# Motion blur!



## delaney14 (Apr 22, 2011)

First off, I don't know if this is in the right thread but I'm hoping someone out there that knows more than me can help.

I Just bought a 55 inch lcd/led insignia 120 hrtz 1080p tv and a brand new HP desktop. My system is a HP 510y with AMD phenom II 6x 1055T 2.80 ghertz with AMD Readon HD 6570 graphics card with a built in blue ray player and 8 gigs of ram. The graphics card has 1 gig dedicated. I'm dealing with really bad motion blur from all my HD movies from my previous drive. I called best buy and they can't distinguish if it's the TV or the computer.
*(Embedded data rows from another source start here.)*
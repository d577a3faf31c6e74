-- ===== src/Prelude/Sets.antt =====
-- A `HashSet` as a list without equal elements; the order of the list stands for the order of
-- iteration. Elements are compared by their `Key`.
use mathlib.Core.Path.{◌≡◌, refl, sym, ◌∙◌}
use mathlib.Core.Bool.{Bool, true, false, not, ◌&&◌, ◌||◌, false≢true}
use mathlib.Core.Logic.{inl, inr}
use mathlib.Core.List.{List, [], ◌∷◌}
use native.Mathlib.Omega.{arith}
use althea_rs.Prelude.Tests.{if◌then◌else◌, Bool-cases}
use althea_rs.Prelude.Lists.{All}
use althea_rs.Prelude.Maps.{Key}

abbrev pub HashSet : Type 0 → Type 0
HashSet = List

absorb : (a b : Bool) → (not a && b) ≡ (not a && (a || b))
absorb true b = refl
absorb false b = refl

module _ {K : Type 0} ⦃key : Key K⦄ where
  unfoldable pub contains : K → HashSet K → Bool
  contains k [] = false
  contains k (j ∷ s) = key.eq j k || contains k s

  unfoldable pub add : K → HashSet K → HashSet K
  add k s = if contains k s then s else k ∷ s

  unfoldable pub discard : K → HashSet K → HashSet K
  discard k [] = []
  discard k (j ∷ s) = if key.eq j k then discard k s else j ∷ discard k s

  pub eq_sym : (a b : K) → key.eq a b ≡ key.eq b a
  eq_sym a b = ground (arith, key.eq_refl a, key.eq_refl b, key.eq_cong a b a, key.eq_cong b a b)

  pub contains-eq : (i j : K) (s : HashSet K) → key.eq i j ≡ true → contains i s ≡ contains j s
  unfolding contains
  contains-eq i j [] h = refl
  contains-eq i j (k ∷ s) h =
      ground (arith, contains-eq i j s h, key.eq_cong i j k h, eq_sym k i, eq_sym k j)

  pub contains-add : (k j : K) (s : HashSet K) → contains j (add k s) ≡ (key.eq k j || contains j s)
  unfolding add contains
  contains-add k j s = ground (arith, contains-eq k j s)

  pub contains-discard :
      (k j : K) (s : HashSet K) → contains j (discard k s) ≡ (not (key.eq k j) && contains j s)
  unfolding discard contains
  contains-discard k j [] = ground arith
  contains-discard k j (i ∷ s) = elim (Bool-cases (key.eq i k)) [
    | inl same ↦
        rw (same, discard)
          (rw (contains-discard k j s, key.eq_cong i k j same) (absorb (key.eq k j) (contains j s)))
    | inr other ↦ elim (Bool-cases (key.eq k j)) [
      | inl mine ↦
          let apart : key.eq i j ≡ false =
            eq_sym i j ∙ sym (key.eq_cong k j i mine) ∙ eq_sym k i ∙ other in
          rw (other, discard) (rw (contains-discard k j s, apart) refl)
      | inr theirs ↦ rw (other, discard) (rw (contains-discard k j s, theirs) refl)
    ]
  ]

module _ {ℓ} {K : Type 0} ⦃key : Key K⦄ (P : K → Type ℓ) where
  pub All-add : (k : K) (s : HashSet K) → P k → All P s → All P (add k s)
  unfolding add
  All-add k s p h = elim (Bool-cases (contains k s)) [
    | inl old ↦ rw old h
    | inr new ↦ rw new (p, h)
  ]

  pub All-discard : (k : K) (s : HashSet K) → All P s → All P (discard k s)
  unfolding discard
  All-discard k [] h = tt
  All-discard k (j ∷ s) h = elim (Bool-cases (key.eq j k)) [
    | inl same ↦ rw same (All-discard k s h.1)
    | inr other ↦ rw other (h.0, All-discard k s h.1)
  ]

module _ {K : Type 0} ⦃key : Key K⦄ where
  -- A predicate that respects the comparison holds of what the set contains.
  pub All-contains {ℓ} :
      (P : K → Type ℓ)
      → ((a b : K) → key.eq a b ≡ true → P a → P b)
      → (k : K) (s : HashSet K) → contains k s ≡ true
      → All P s
      → P k
  unfolding contains
  All-contains P resp k [] h all = absurd (false≢true h)
  All-contains P resp k (j ∷ s) h all = elim (Bool-cases (key.eq j k)) [
    | inl same ↦ resp j k same all.0
    | inr other ↦ All-contains P resp k s (rw other at h) all.1
  ]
This blur is happening with all media players installed AND the pre-installed blue ray player. I should mention that I can't set the refresh rate any higher than 60htz on the graphics card. (Don't know if that means anything) Anyway, I hooked up my ps3 and popped in a blue ray and no motion blur. I hook my system up to the 720 plasma in the living room and no motion blur so I'm totally confused here and frustrated cause I just spent a lot of money on this stuff and cannot even watch my favorite movies on here. Any help would be much appreciated. Thanks


----------



## delaney14 (Apr 22, 2011)

Update: Just hooked the old system which is a acer intel duo core 1.86ghtz processor with a 946ghz express chipset family display to the new TV and no motion blur! I'm totally confused. Has to be the new computer right?

Also should mention that windows 7 64 bit is on the new computer.


----------



## ebackhus (Apr 21, 2005)

Insiginia is a low-tier brand so it may be the TV itself. Motion blur is an artifact generated by the screen not updating fast enough.


----------